Task prompt: Word for word, copy out the records given below.

Given records:
- - - - - - -
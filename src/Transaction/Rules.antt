-- ===== src/Transaction/Rules.antt =====
-- The shape that a stored transaction has: a transfer names another account, and no other type
-- names a receiving account at all.
use household_back.Base.{if◌then◌else◌, is_some, ◌==?◌, ℕ, ◌≡◌, Bool, true, not, ◌&&◌, Option}
use household_back.Model.{Transaction, TxType, is_transfer}

abbrev pub consistent_at : TxType → ℕ → Option ℕ → Bool
consistent_at kind account_id to =
    if is_transfer kind then is_some to && not (to ==? account_id) else not (is_some to)

abbrev pub consistent : Transaction → Bool
consistent t = consistent_at t.tx_type t.account_id t.to_account_id

abbrev pub IsConsistent : Transaction → Type 0
IsConsistent t = consistent t ≡ true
- - - - - - -
Exercise solution:
filename src/Transaction/Rules.antt
-- ===== src/Transaction/Rules.antt =====
-- The shape that a stored transaction has: a transfer names another account, and no other type
-- names a receiving account at all.
use household_back.Base.{if◌then◌else◌, is_some, ◌==?◌, ℕ, ◌≡◌, Bool, true, not, ◌&&◌, Option}
use household_back.Model.{Transaction, TxType, is_transfer}

abbrev pub consistent_at : TxType → ℕ → Option ℕ → Bool
consistent_at kind account_id to =
    if is_transfer kind then is_some to && not (to ==? account_id) else not (is_some to)

abbrev pub consistent : Transaction → Bool
consistent t = consistent_at t.tx_type t.account_id t.to_account_id

abbrev pub IsConsistent : Transaction → Type 0
IsConsistent t = consistent t ≡ true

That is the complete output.